Note: This is a little specific for Debian in some places, but it should work for other distributions too. You may need to tweak the jailkit configurations in /etc/jailkit/jk_init.ini a bit.

Get jailkit (http://olivier.sessink.nl/jailkit/index.html#download). Jailkit is an awesome tool that’ll allow you to set up minimal jails by inspecting which libs are used by binaries and copying them, the binaries and some other directories to a seperate dir, which can be used as a chrooted environment.

Get Jailkit and install it:

$ wget http://olivier.sessink.nl/jailkit/jailkit-2.4.tar.bz2
$ tar -xjf jailkit-2.4.tar.bz2
$ cd jailkit-2.4
$ ./configure
$ make
$ make install

Now, create a new normal user like you would normally do. In a moment, we’ll use jailkit to move this user to the jail.

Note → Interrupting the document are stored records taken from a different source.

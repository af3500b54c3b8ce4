-- ===== src/Transport/Tests.antt =====
-- Runs of the transport, and instances of its theorems.
use rawrtc_data_channel.Base.{ℕ, ◌≡◌, refl, ◌⊎◌, [], ◌∷◌, ◌++◌, true, false, none, some, arith}
use rawrtc_data_channel.Base.Code.{success, stop_iteration}
use rawrtc_data_channel.External.{Mbuf, left}
use rawrtc_data_channel.External.Host.{host}
use rawrtc_data_channel.Channel.{ChannelState, opened}
use rawrtc_data_channel.Transport.{Transport, connected, closed, Info, sndinfo}
use rawrtc_data_channel.Transport.Host.{usrsctp, transport_in, registered}
use rawrtc_data_channel.Transport.Send.{
  sctp_transport_send, send_loop, sctp_send, sctp_send_deferred_messages,
}
use rawrtc_data_channel.Transport.Send.Loop.{Sends, transport_send-Sends}
use rawrtc_data_channel.Transport.Send.Fuel.{send_loop-fuel}
use rawrtc_data_channel.Transport.Send.Stream.{stream, stream-sctp_send}
use rawrtc_data_channel.Transport.Send.Deferred.{FailsSoftly, AllSendable, deferred_messages_stream}
use rawrtc_data_channel.Transport.State.{close_data_channels, set_state}
use rawrtc_data_channel.Transport.State.Closing.{close_data_channels_effect}
use rawrtc_data_channel.Transport.State.Machine.{set_state_closed_effect}

abbrev online : Transport
online = transport_in connected opened

abbrev ten_bytes : Mbuf
ten_bytes = record { buf = 1 ∷ 2 ∷ 3 ∷ 4 ∷ 5 ∷ 6 ∷ 7 ∷ 8 ∷ 9 ∷ 10 ∷ []; pos = 0 }

abbrev plain : Info
plain = sndinfo (record { snd_sid = 2; eor = true; unordered = false; snd_ppid = 53 })

abbrev queued : Transport
queued = record online {
  buffered_messages_outgoing =
      record { buffer = ten_bytes; info = plain; flags = 0 }
      ∷ record { buffer = ten_bytes; info = plain; flags = 0 }
      ∷ [];
}

transport_send-Sends_example :
    Sends online ten_bytes plain (sctp_transport_send host usrsctp online ten_bytes plain 0)
    × ((sctp_transport_send host usrsctp online ten_bytes plain 0).2 ≡ plain)
transport_send-Sends_example = transport_send-Sends host usrsctp online ten_bytes plain 0

send_loop-fuel_example :
    send_loop host usrsctp 11 online ten_bytes plain true 0
    ≡ send_loop host usrsctp 40 online ten_bytes plain true 0
send_loop-fuel_example =
    send_loop-fuel host usrsctp 11 40 online ten_bytes plain true 0 (omega arith) (omega arith)

sends_ten : (sctp_send host usrsctp online ten_bytes plain 0).0 ≡ success
unfolding sctp_send
sends_ten = refl

stream-sctp_send_example :
    stream (sctp_send host usrsctp online ten_bytes plain 0).1 ≡ stream online ++ left ten_bytes
stream-sctp_send_example = stream-sctp_send host usrsctp online ten_bytes plain 0 sends_ten

softly : FailsSoftly host usrsctp
softly = record { soft = λ t bytes info flags e h. ground arith }

-- the second message has to wait
queue_waits : (sctp_send_deferred_messages host usrsctp queued).0 ≡ stop_iteration
unfolding sctp_send_deferred_messages sctp_transport_send
queue_waits = refl

deferred_messages_stream_example :
    let r = sctp_send_deferred_messages host usrsctp queued in
    (stream r.1 ≡ stream queued)
    × (((r.0 ≡ success) × (r.1.buffered_messages_outgoing ≡ [])) ⊎ (r.0 ≡ stop_iteration))
    × AllSendable r.1.buffered_messages_outgoing
deferred_messages_stream_example =
    deferred_messages_stream host usrsctp softly queued refl (refl, (refl, tt))

close_data_channels_effect_example :
    ((close_data_channels online).channels 2 ≡ none)
    × ((h : ℕ)
        → online.channels 2 ≡ some h
        → ((close_data_channels online).heap h).state ≡ ChannelState.closed)
close_data_channels_effect_example = close_data_channels_effect online 2 (omega arith)

set_state_closed_effect_example :
    let y = set_state host usrsctp online closed in
    (y.state ≡ closed)
    × (y.is_detached ≡ true)
    × (y.has_socket ≡ false)
    × ((j : ℕ) → y.channels j ≡ none)
    × ((j h : ℕ) → online.channels j ≡ some h → (y.heap h).state ≡ ChannelState.closed)
set_state_closed_effect_example =
    set_state_closed_effect host usrsctp online (registered connected opened).in_range

abbrev offline : Transport
offline = record (transport_in closed ChannelState.closed) { is_detached = true }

$ adduser --disabled-password public

Set up the jail. You can’t do this in /home! (You can move everything to /home later if you want to).

$ mkdir /jail
$ chown root:root /jail
$ chmod 755 /jail
$ jk_init -v -j /jail/public/ sftp scp jk_lsh

This copies all the library files sftp and scp need to /jail/public. If you look at /etc/jailkit/jk_init.ini, you’ll see sections there for the sftp, scp and jk_lsh programs. They include some directories to include in the copy, etc. jk_lsh is a minimal, restricted shell for the jail environment that restricts what commands can be run in the jail environment. In this case, it will limit commands to sftp and scp.

Now, we move the public user to the jail:

$ jk_jailuser -m -j /jail/public/ public

Edit the /jail/public/etc/jailkit/jk_lsh.ini file and add which program the jailed user may run. In this case, scp and sftp-server.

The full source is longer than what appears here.